I was graciously invited to review these two cubes by a Gan employee on here I believe he was. I've loved both of them upon receiving them and there is some serious main potential here! I love them and here I will review and describe them and their differences as well as compare them to some other cubes. 

*Overview: Gan Air M*
Let's start with this. We have a very lightweight cute reminiscent of the Gan XS (with the same tensioning system) but this time we have much better cornercutting and what seems to be a smoother, crispier feel. With the same effortless turning, we have a very fast cube. OOTB, it is very stable and has the description I described. I don't really see the need of changing the tensions or lubing it because it is just perfect to me right now and I don't want to affect that. 

I can turn much faster on this cube than I could on the XS, no matter the tensions that I tried on the XS. It just feels better!
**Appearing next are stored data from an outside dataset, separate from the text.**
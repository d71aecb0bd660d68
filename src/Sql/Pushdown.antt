-- ===== src/Sql/Pushdown.antt =====
-- src/observer/sql/optimizer/predicate_pushdown_rewriter.cpp, and where the predicates are used then:
-- `TableScanPhysicalOperator::filter`. A `unique_ptr` that has been moved from is `none`.
pub mod Keeps
use ob_htap.Prelude.{
  ℕ, List, [], ◌∷◌, ◌++◌, Bool, true, false, not, ◌&&◌, Option, none, some, if◌then◌else◌,
}
use ob_htap.Rc.{Rc, ob_succ}
use ob_htap.Sql.Expr.{
  Value, Expr, Exprs, Row, Outcome, ok, fail, field, value, comparison, conjunction, nil, cons, and,
  or, booleans, get_value, get_boolean, truth,
}

abbrev pub is_field : Expr → Bool
is_field (field i) = true
is_field _ = false

abbrev pub is_value : Expr → Bool
is_value (value v) = true
is_value _ = false

-- The two tests on the sides of a comparison.
unfoldable pub can_pushdown : Expr → Expr → Bool
can_pushdown left right =
    if not (is_field left) && not (is_field right)
    then false
    else if not (is_field left)
        && not (is_value left)
        && not (is_field right)
        && not (is_value right)
    then false
    else true

-- A child that has been moved from is erased.
abbrev pub without_moved : Option Expr → Exprs → Exprs
without_moved none es = es
without_moved (some e) es = cons e es

-- `PredicatePushdownRewriter::get_exprs_can_pushdown`, and its loop over the children.
unfoldable mutual
  pub get_exprs_can_pushdown : Expr → List Expr → Rc × Option Expr × List Expr
  get_exprs_can_pushdown (conjunction or es) pushed =
      (Rc.unimplemented, some (conjunction or es), pushed)
  get_exprs_can_pushdown (conjunction and es) pushed =
      let (rc, es', pushed') = push_children es pushed in (rc, some (conjunction and es'), pushed')
  get_exprs_can_pushdown (comparison comp left right) pushed =
      if can_pushdown left right
      then (Rc.success, none, pushed ++ comparison comp left right ∷ [])
      else (Rc.success, some (comparison comp left right), pushed)
  get_exprs_can_pushdown e pushed = (Rc.success, some e, pushed)

  pub push_children : Exprs → List Expr → Rc × Exprs × List Expr
  push_children nil pushed = (Rc.success, nil, pushed)
  push_children (cons e es) pushed =
      let (rc, e', pushed') = get_exprs_can_pushdown e pushed in
      let (rc', es', pushed'') = push_children es pushed' in
      if ob_succ rc
      then (rc', without_moved e' es', pushed'')
      else (rc, without_moved e' es, pushed')

-- `PredicatePushdownRewriter::is_empty_predicate`, and the constant that takes its place.
abbrev pub true_if_empty : Option Expr → Expr
true_if_empty none = value (booleans true)
true_if_empty (some (conjunction kind nil)) = value (booleans true)
true_if_empty (some e) = e

abbrev pub unmoved : Expr → Option Expr → Expr
unmoved e none = e
unmoved e (some e') = e'

-- `LogicalOperator`: a predicate, the scan of a table with the predicates that it is given, and the others.
mutual
  pub data Oper : Type 0 where
    predicate : List Expr → Opers → Oper
    table_get : List Expr → Oper
    other_oper : ℕ → List Expr → Opers → Oper

  pub data Opers : Type 0 where
    no_opers : Opers
    and_oper : Oper → Opers → Opers

-- `TableGetLogicalOperator::set_predicates`, where there are some.
abbrev pub set_predicates : List Expr → List Expr → List Expr
set_predicates old [] = old
set_predicates old (e ∷ es) = e ∷ es

abbrev pub is_some_pushed : List Expr → Bool
is_some_pushed [] = false
is_some_pushed (e ∷ es) = true

-- `PredicatePushdownRewriter::rewrite`
unfoldable pub rewrite : Oper → Rc × Oper × Bool
rewrite (predicate (e ∷ []) (and_oper (table_get old) no_opers)) =
    let (rc, e', pushed) = get_exprs_can_pushdown e [] in
    if ob_succ rc
    then (
      Rc.success,
      predicate (true_if_empty e' ∷ []) (and_oper (table_get (set_predicates old pushed)) no_opers),
      is_some_pushed pushed,
    )
    else (rc, predicate (unmoved e e' ∷ []) (and_oper (table_get old) no_opers), false)
rewrite oper = (Rc.success, oper, false)

-- A round of the loop of `TableScanPhysicalOperator::filter`: the value of a predicate, and what the
-- rest gives.
abbrev pub filter_and : Row → Outcome Value → Outcome Bool → Outcome Bool
filter_and row (fail rc) rest = fail rc
filter_and row (ok v) rest = if get_boolean row v then rest else ok false

-- `TableScanPhysicalOperator::filter`
unfoldable pub filter : Row → List Expr → Outcome Bool
filter row [] = ok true
filter row (e ∷ es) = let rest = filter row es in filter_and row (get_value row e) rest

-- A predicate above a scan looks at the rows that the scan lets through.
abbrev pub let_through : Outcome Bool → Outcome Bool → Outcome Bool
let_through (fail rc) above = fail rc
let_through (ok false) above = ok false
let_through (ok true) above = above

-- Whether a row of the table comes out of a scan, or of a scan and the predicate above it, as in
-- `PredicatePhysicalOperator::next`.
unfoldable pub passes : Row → Oper → Outcome Bool
passes row (predicate (e ∷ []) (and_oper (table_get ps) no_opers)) =
    let_through (filter row ps) (truth row (get_value row e))
passes row (table_get ps) = filter row ps
passes row _ = ok true
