-- ===== src/Sql/Pushdown/Keeps.antt =====
-- Pushing predicates down to a scan keeps the rows that pass.
use ob_htap.Prelude.{
  ◌≡◌, refl, sym, ap, ◌∙◌, List, [], ◌∷◌, ◌++◌, Bool, true, false, ◌&&◌, ◌||◌, Option, none, some,
  Bool-cases, inl, inr, arith, All, All-append,
}
use ob_htap.Rc.{Rc, ob_succ}
use ob_htap.Sql.Expr.{
  Value, Expr, Exprs, Row, Outcome, ok, fail, comparison, conjunction, nil, cons, and, or,
  get_value, get_children, get_boolean, child_or, truth,
}
use ob_htap.Sql.Pushdown.{
  is_field, can_pushdown, without_moved, get_exprs_can_pushdown, push_children, true_if_empty,
  predicate, table_get, and_oper, no_opers, set_predicates, rewrite, filter, filter_and,
  let_through, passes,
}

-- The two tests on the sides of a comparison come to one: a side is a field. The second test refuses
-- nothing that the first has let through, whatever the other side is.
pub can_pushdown-is_field :
    (left right : Expr) → can_pushdown left right ≡ (is_field left || is_field right)
unfolding can_pushdown
can_pushdown-is_field left right = ground arith

-- Whether a row passes a predicate, the children of an AND taken one by one.
abbrev is_true : Row → Outcome Value → Bool
is_true row (ok v) = get_boolean row v
is_true row (fail rc) = false

unfoldable mutual
  holds : Row → Expr → Bool
  holds row (conjunction and es) = all_hold row es
  holds row e = is_true row (get_value row e)

  all_hold : Row → Exprs → Bool
  all_hold row nil = true
  all_hold row (cons e es) = holds row e && all_hold row es

-- A value, not an error.
abbrev IsOk : Outcome Value → Type 0
IsOk (ok v) = Unit
IsOk (fail rc) = ⊥

-- The predicate has a value on the row, and so have the children of an AND, one by one.
abbrev mutual
  pub Evaluates : Row → Expr → Type 0
  Evaluates row (conjunction and es) = AllEvaluate row es
  Evaluates row e = IsOk (get_value row e)

  pub AllEvaluate : Row → Exprs → Type 0
  AllEvaluate row nil = Unit
  AllEvaluate row (cons e es) = Evaluates row e × AllEvaluate row es

module _ (row : Row) where
  IsOk-truth : (o : Outcome Value) → IsOk o → truth row o ≡ ok (is_true row o)
  IsOk-truth (ok v) h = refl
  IsOk-truth (fail rc) h = absurd h

  child_or-truth :
      (o rest : Outcome Value) {b c : Bool}
      → truth row o ≡ ok b
      → truth row rest ≡ ok c
      → truth row (child_or row and o rest) ≡ ok (b && c)
  unfolding child_or get_boolean
  child_or-truth (fail rc) rest h k = absurd (ground arith)
  child_or-truth (ok v) rest {b} {c} h k =
      let e : get_boolean row v ≡ b = ground arith in
      elim (Bool-cases b) [ inl y ↦ rw (e, y) k | inr n ↦ rw (e, n) refl ]

  mutual
    unfolding holds get_value get_boolean

    holds-truth : (e : Expr) → Evaluates row e → truth row (get_value row e) ≡ ok (holds row e)
    holds-truth (conjunction and nil) h = refl
    holds-truth (conjunction and (cons e es)) h = all_hold-truth (cons e es) h
    holds-truth e h = IsOk-truth (get_value row e) h

    all_hold-truth :
        (es : Exprs)
        → AllEvaluate row es
        → truth row (get_children row and es) ≡ ok (all_hold row es)
    all_hold-truth nil h = refl
    all_hold-truth (cons e es) h =
        child_or-truth (get_value row e) (get_children row and es) (holds-truth e h.0)
          (all_hold-truth es h.1)

  abbrev list_holds : List Expr → Bool
  list_holds [] = true
  list_holds (e ∷ es) = holds row e && list_holds es

  list_holds-append : (ps qs : List Expr) → list_holds (ps ++ qs) ≡ (list_holds ps && list_holds qs)
  list_holds-append [] qs = refl
  list_holds-append (e ∷ ps) qs = ground (arith, list_holds-append ps qs)

  filter_and-truth :
      (o : Outcome Value) (rest : Outcome Bool) {b c : Bool}
      → truth row o ≡ ok b
      → rest ≡ ok c
      → filter_and row o rest ≡ ok (b && c)
  filter_and-truth (fail rc) rest h k = absurd (ground arith)
  filter_and-truth (ok v) rest {b} {c} h k =
      let e : get_boolean row v ≡ b = ground arith in
      elim (Bool-cases b) [ inl y ↦ rw (e, y) k | inr n ↦ rw (e, n) refl ]

  filter-list_holds : (ps : List Expr) → All (Evaluates row) ps → filter row ps ≡ ok (list_holds ps)
  unfolding filter
  filter-list_holds [] h = refl
  filter-list_holds (e ∷ ps) (h, hs) =
      filter_and-truth (get_value row e) (filter row ps) (holds-truth e h) (filter-list_holds ps hs)

  abbrev option_holds : Option Expr → Bool
  option_holds none = true
  option_holds (some e) = holds row e

  abbrev OptionEvaluates : Option Expr → Type 0
  OptionEvaluates none = Unit
  OptionEvaluates (some e) = Evaluates row e

  -- What is pushed and what is left hold together where what was given does.
  abbrev Split : Bool → List Expr → Rc × Option Expr × List Expr → Type 0
  Split whole ps (rc, e', ps') =
      ob_succ rc ≡ true
      → ((list_holds ps' && option_holds e') ≡ (list_holds ps && whole))
        × All (Evaluates row) ps'
        × OptionEvaluates e'

  abbrev SplitAll : Bool → List Expr → Rc × Exprs × List Expr → Type 0
  SplitAll whole ps (rc, es', ps') =
      ob_succ rc ≡ true
      → ((list_holds ps' && all_hold row es') ≡ (list_holds ps && whole))
        × All (Evaluates row) ps'
        × AllEvaluate row es'

  without_moved-holds :
      (e : Option Expr) (es : Exprs)
      → all_hold row (without_moved e es) ≡ (option_holds e && all_hold row es)
  unfolding holds
  without_moved-holds none es = refl
  without_moved-holds (some e) es = refl

  without_moved-Evaluate :
      (e : Option Expr) (es : Exprs)
      → OptionEvaluates e
      → AllEvaluate row es
      → AllEvaluate row (without_moved e es)
  without_moved-Evaluate none es h k = k
  without_moved-Evaluate (some e) es h k = (h, k)

  kept_whole :
      (e : Expr) (ps : List Expr)
      → All (Evaluates row) ps
      → Evaluates row e
      → Split (holds row e) ps (Rc.success, some e, ps)
  kept_whole e ps a h s = (refl, a, h)

  pushed_one :
      (ps : List Expr) (e : Expr)
      → list_holds (ps ++ e ∷ []) && true ≡ (list_holds ps && holds row e)
  pushed_one ps e = ground (arith, list_holds-append ps (e ∷ []))

  joined :
      (before between after child rest left whole e : Bool)
      → (between && child) ≡ (before && e)
      → (after && rest) ≡ (between && left)
      → whole ≡ (child && rest)
      → (after && whole) ≡ (before && (e && left))
  joined before between after child rest left whole e h k w = ground arith

  mutual
    unfolding holds get_exprs_can_pushdown

    pushdown-Split :
        (e : Expr) (ps : List Expr)
        → All (Evaluates row) ps
        → Evaluates row e
        → Split (holds row e) ps (get_exprs_can_pushdown e ps)
    pushdown-Split (conjunction or es) ps a h = λ s. absurd (ground arith)
    pushdown-Split (conjunction and es) ps a h = push_children-Split es ps a h
    pushdown-Split (comparison comp l r) ps a h = elim (Bool-cases (can_pushdown l r)) [
      | inl y ↦
          rw (get_exprs_can_pushdown, y)
            (λ s. (
              pushed_one ps (comparison comp l r),
              All-append (Evaluates row) ps (comparison comp l r ∷ []) a (h, tt),
              tt,
            ))
      | inr n ↦ rw (get_exprs_can_pushdown, n) (kept_whole (comparison comp l r) ps a h)
    ]
    pushdown-Split e ps a h = kept_whole e ps a h

    push_children-Split :
        (es : Exprs) (ps : List Expr)
        → All (Evaluates row) ps
        → AllEvaluate row es
        → SplitAll (all_hold row es) ps (push_children es ps)
    push_children-Split nil ps a h = λ s. (refl, a, tt)
    push_children-Split (cons e es) ps a (h, hs) =
        let first = get_exprs_can_pushdown e ps in
        let split = pushdown-Split e ps a h in
        elim (Bool-cases (ob_succ first.0)) [
          | inl y ↦
              let (eq, a', h') = split y in
              rw (push_children, y)
                (λ s.
                  let (eq', a'', hs') = push_children-Split es first.2 a' hs s in
                  (
                    joined _ _ _ _ _ _ _ (holds row e) eq eq'
                        (without_moved-holds first.1 (push_children es first.2).1),
                    a'',
                    without_moved-Evaluate first.1 (push_children es first.2).1 h' hs',
                  ))
          | inr n ↦ rw (push_children, n) (λ s. absurd (ground arith))
        ]

  through-both :
      (ps : List Expr) (e : Expr)
      → All (Evaluates row) ps
      → Evaluates row e
      → let_through (filter row ps) (truth row (get_value row e))
        ≡ ok (list_holds ps && holds row e)
  through-both ps e a h =
      rw (filter-list_holds ps a, holds-truth e h)
        (elim (Bool-cases (list_holds ps)) [ inl y ↦ rw y refl | inr n ↦ rw n refl ])

  true_if_empty-holds : (e : Option Expr) → holds row (true_if_empty e) ≡ option_holds e
  unfolding holds get_value get_boolean
  true_if_empty-holds none = refl
  true_if_empty-holds (some (conjunction and nil)) = refl
  true_if_empty-holds (some (conjunction or nil)) = refl
  true_if_empty-holds (some (conjunction kind (cons e es))) = refl
  true_if_empty-holds (some e) = refl

  true_if_empty-Evaluates : (e : Option Expr) → OptionEvaluates e → Evaluates row (true_if_empty e)
  unfolding get_value
  true_if_empty-Evaluates none h = tt
  true_if_empty-Evaluates (some (conjunction and nil)) h = tt
  true_if_empty-Evaluates (some (conjunction or nil)) h = tt
  true_if_empty-Evaluates (some (conjunction kind (cons e es))) h = h
  true_if_empty-Evaluates (some e) h = h

-- A predicate above a scan that has none has a value on a row, and so have the children of its ANDs. Where
-- the rewrite succeeds, the row passes the rewritten operators, some of the predicates pushed down to the
-- scan, exactly if it has passed the operators as they were.
pub rewrite-passes :
    (row : Row) (e : Expr)
    → Evaluates row e
    → ob_succ (rewrite (predicate (e ∷ []) (and_oper (table_get []) no_opers))).0 ≡ true
    → passes row (rewrite (predicate (e ∷ []) (and_oper (table_get []) no_opers))).1
      ≡ passes row (predicate (e ∷ []) (and_oper (table_get []) no_opers))
unfolding rewrite passes filter
rewrite-passes row e h s = elim (Bool-cases (ob_succ (get_exprs_can_pushdown e []).0)) [
  | inl y ↦
      let (eq, a, k) = pushdown-Split row e [] tt h y in
      let pushed = (get_exprs_can_pushdown e []).2 in
      let left = true_if_empty (get_exprs_can_pushdown e []).1 in
      rw y (
        ap (λ ps. let_through (filter row ps) (truth row (get_value row left))) (given pushed)
        ∙ through-both row pushed left a
            (true_if_empty-Evaluates row (get_exprs_can_pushdown e []).1 k)
        ∙ ap (λ b. ok (list_holds row pushed && b))
            (true_if_empty-holds row (get_exprs_can_pushdown e []).1)
        ∙ ap ok eq
        ∙ sym (holds-truth row e h))
  | inr n ↦ absurd (ground arith)
]
  where
    given : (ps : List Expr) → set_predicates [] ps ≡ ps
    given [] = refl
    given (p ∷ ps) = refl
*Overview: Monster Go Magnetic*
Alright, now we have a heavier weight cube that feels very plush and stable. Some have been saying this is the best Gan release. It is using the yellow version of the newer GES nuts which I think were called the GES+. If you want that heavier feel, this is a great choice! Don't let the lower price tag make you think that it's not as good. That is completely false. As far as what you should get between this and the Air M, you can't go wrong with either. Personally though, if I wanted to experiment with lubes I would go with The Monster, while if I wanted to experience a broad range of tensions, I would go with the Air M. But of course, if you have the extra money there's a reason the Air M is more pricy. 

*Some Solves*
Here are some solves with the cubes.





*Place in the Marketplace*
I think the Monster Go, being the lowest priced cube Gan has released, is what would be considered a budget cube for them and therefore fall into the category. But we are in a time where budget cubes are getting a lot better and you can see this with the Meilong M ($7) and the QiYi MS cubes ($8). The Monster Go was designed with starters in mind but it clearly also has a place with fast cubers. Therefore, I would say it fits well into the marketplace even though there are still great cubes for cheaper.

*Air M, better than XS?*
I would say that if you don't mind the fact that you can't change the magnets, it is possibly better than the XS and for a cheaper price. We have yellow (medium) magnets in the edge pieces and clear (strong) magnets in the corners. This is a good mix for me. I personally think it's not a big deal that you can't change the magnet strength on this specific cube. 

*Final Words*
The stickerless version of the Gan XS had cornercutting issues for a lot of the models and this was a known problem. The Air M has fixed that. I just want to say that I'm sure others will love these new models a lot. 

I see it being very reliable in future competitions for me!

Thanks and happy cubing!


----------



## Zubin Park (Jun 21, 2020)

Nice review man! Very informative while concise.


----------